I took a bit of a liberty on this blog post (and its related source code) and use both terms interchangeably. Please be aware that all of the references to binary search in this blog post are in fact references to binary search trees.

Implementing a Binary Search Tree

The procedures to implement the basic binary search tree operations like insert, delete, search, and walk are well documented in most introductory books on data structures and algorithms and on the web (e.g. www.algolist.net and wikipedia) and they are fairly easy to implement in Ruby.

The class that I implemented can be used as follows:

Out of the box we can use this BinaryTree class with numbers or strings or any other native Ruby type. We can also use it with other types as long as they implement comparable operations (i.e. def <=>).

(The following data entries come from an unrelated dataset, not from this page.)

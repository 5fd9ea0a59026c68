-- ===== src/ProcessControl/Groups/Collect.antt =====
-- The groups that `collect_browser_groups` of src/process_control.c makes.
use browser_guard.Prelude.{
  ℕ, ◌≤◌, ◌≡◌, refl, Bool, true, false, some, List, [], ◌∷◌, ◌++◌, arith, inl, inr, Bool-cases,
  Option-cases, leb, if◌then◌else◌, All, All-append, Text, text_ieq, length, length-append,
}
use browser_guard.Windows.{Processes}
use browser_guard.Windows.Laws.{IdentityLaws}
use browser_guard.ProcessControl.{BrowserGroup}
use browser_guard.ProcessControl.Groups.{
  SecurityContext, max_group_pids, is_manageable_browser_process, find_group_by_name, change_group,
  new_group, add_pid, collect_process, collect_entries, collect_browser_groups,
}
use browser_guard.ProcessControl.Groups.Ours
use browser_guard.ProcessControl.Groups.Ours.{Listed, is_manageable_browser_process-tells}

-- The groups: within their arrays, and each process with a property.
pub record Holding {ℓ} (Q : ℕ → Type ℓ) (g : BrowserGroup) : Type ℓ where
  pub bounded : length g.pids ≤ max_group_pids
  pub each : All Q g.pids

module _ {ℓ} (Q : ℕ → Type ℓ) where
  add_pid-Holding : (pid : ℕ) (g : BrowserGroup) → Q pid → Holding Q g → Holding Q (add_pid pid g)
  unfolding add_pid
  add_pid-Holding pid g q h = elim (Bool-cases (leb max_group_pids (length g.pids))) [
    | inl full ↦ rw (full, add_pid) h
    | inr room ↦
        rw (room, add_pid)
          (record {
            bounded = ground (arith, length-append g.pids (pid ∷ []));
            each = All-append Q g.pids (pid ∷ []) h.each (q, tt);
          })
  ]

  change_group-Holding :
      (pid : ℕ) (name : Text) (gs : List BrowserGroup)
      → Q pid
      → All (Holding Q) gs
      → All (Holding Q) (change_group (add_pid pid) name gs)
  unfolding change_group
  change_group-Holding pid name [] q h = tt
  change_group-Holding pid name (g ∷ gs) q h = elim (Bool-cases (text_ieq g.exe_name name)) [
    | inl same ↦ rw (same, change_group) (add_pid-Holding pid g q h.0, h.1)
    | inr other ↦ rw (other, change_group) (h.0, change_group-Holding pid name gs q h.1)
  ]

  new_group-Holding : (name : Text) → Holding Q (new_group name)
  unfolding new_group
  new_group-Holding name = record { bounded = omega arith; each = tt }

  pub Holding-if :
      (test : Bool) (gs gs' : List BrowserGroup)
      → All (Holding Q) gs
      → All (Holding Q) gs'
      → All (Holding Q) (if test then gs else gs')
  Holding-if true gs gs' h h' = h
  Holding-if false gs gs' h h' = h'

  pub collect_process-Holding :
      (capacity pid : ℕ) (name : Text) (gs : List BrowserGroup)
      → Q pid
      → All (Holding Q) gs
      → All (Holding Q) (collect_process capacity pid name gs)
  unfolding collect_process
  collect_process-Holding capacity pid name gs q h =
      elim (Option-cases (find_group_by_name name gs)) [
        | inr (g, found) ↦ rw (found, collect_process) (change_group-Holding pid name gs q h)
        | inl absent ↦
            rw (absent, collect_process)
              (Holding-if (leb capacity (length gs)) gs (gs ++ add_pid pid (new_group name) ∷ []) h
                (All-append (Holding Q) gs (add_pid pid (new_group name) ∷ []) h
                  (add_pid-Holding pid (new_group name) q (new_group-Holding name), tt)))
      ]

length-change_group :
    (pid : ℕ) (name : Text) (gs : List BrowserGroup)
    → length (change_group (add_pid pid) name gs) ≡ length gs
unfolding change_group
length-change_group pid name [] = refl
length-change_group pid name (g ∷ gs) = ground (arith, length-change_group pid name gs)

length-collect_process :
    (capacity pid : ℕ) (name : Text) (gs : List BrowserGroup)
    → length gs ≤ capacity
    → length (collect_process capacity pid name gs) ≤ capacity
unfolding collect_process
length-collect_process capacity pid name gs h = elim (Option-cases (find_group_by_name name gs)) [
  | inr (g, found) ↦ rw (found, collect_process) (ground (arith, length-change_group pid name gs))
  | inl absent ↦
      rw (absent, collect_process)
        (ground (arith, length-append gs (add_pid pid (new_group name) ∷ [])))
]

module _ {P : Type 0} ⦃ps : Processes P⦄ (laws : IdentityLaws ps) (context : SecurityContext)
    (capacity : ℕ) where
  collected :
      Ours.IsOwn laws context
      → (all es : List (ℕ × Text)) (gs : List BrowserGroup) (s : P)
      → ((pid : ℕ) (name : Text) → Listed pid name es → Listed pid name all)
      → All (Holding (Ours.IsManageable laws all)) gs
      → length gs ≤ capacity
      → let o = collect_entries context capacity es gs s in
        All (Holding (Ours.IsManageable laws all)) o.0 × (length o.0 ≤ capacity)
  unfolding collect_entries
  collected own all [] gs s sub h fits = (h, fits)
  collected own all (e ∷ es) gs s sub h fits =
      let (manageable, s1) = is_manageable_browser_process context e.0 e.1 s in
      let later : (pid : ℕ) (name : Text) → Listed pid name es → Listed pid name all =
        λ pid name l. sub pid name (inr l) in
      elim (Bool-cases manageable) [
        | inr no_match ↦ rw (no_match, collect_entries) (collected own all es gs s1 later h fits)
        | inl matches ↦
            let facts = is_manageable_browser_process-tells laws context own e.0 e.1 s matches in
            let q : Ours.IsManageable laws all e.0 = record {
              name = e.1;
              listed = sub e.0 e.1 (inl (refl, refl));
              supported = facts.0;
              same_session = facts.1;
              same_user = facts.2;
            } in
            rw (matches, collect_entries)
              (collected own all es (collect_process capacity e.0 e.1 gs) s1 later
                (collect_process-Holding (Ours.IsManageable laws all) capacity e.0 e.1 gs q h)
                (length-collect_process capacity e.0 e.1 gs fits))
      ]

  -- With this program's own context, every process of a group is in the snapshot under the name of a
  -- supported browser, runs in this session and as this user; there are no more groups than fit, and no
  -- group has more processes than fit, however many there are.
  pub collect_browser_groups-IsManageable :
      Ours.IsOwn laws context
      → (entries : List (ℕ × Text)) (s : P)
      → let o = collect_browser_groups context capacity (some entries) s in
        All (Holding (Ours.IsManageable laws entries)) o.0 × (length o.0 ≤ capacity)
  unfolding collect_browser_groups
  collect_browser_groups-IsManageable own entries s =
      collected own entries entries [] s (λ _ _ l. l) tt (omega arith)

Adding Nodes to a Binary Tree

The code to add nodes to the binary tree is shown below. This code first evaluates if we already have a root node, if we don't then we create a root node with the new value and we are done. If we already have a root node then scan the nodes of the tree (using the binary-search-tree property aforementioned, smaller values go to the left, equal or greater than values go to the right) until we reach a leaf node. Once we've reached a leaf node we update it to point to the new node.

Walking the Tree

One of the advantages of a binary search tree is that it's very easy to retrieve in order the values stored on it. This process is called "walking the tree in order". For example, if we have a tree with the following values: 100, 50, 200, and 150 walking the tree in order will give us: 50, 100, 150, and 200. Walking the tree can be implemented easily with a recursive function. However the recursive method, although elegant, it's not very efficient when the tree is expected to have a large number of nodes. The code that I implemented to walk the tree does not use recursion but instead uses an array as a stack to keep track of the nodes that it visits. This version is not as elegant as the recursive version found in most introductory books but it works well even when the tree has thousands of nodes.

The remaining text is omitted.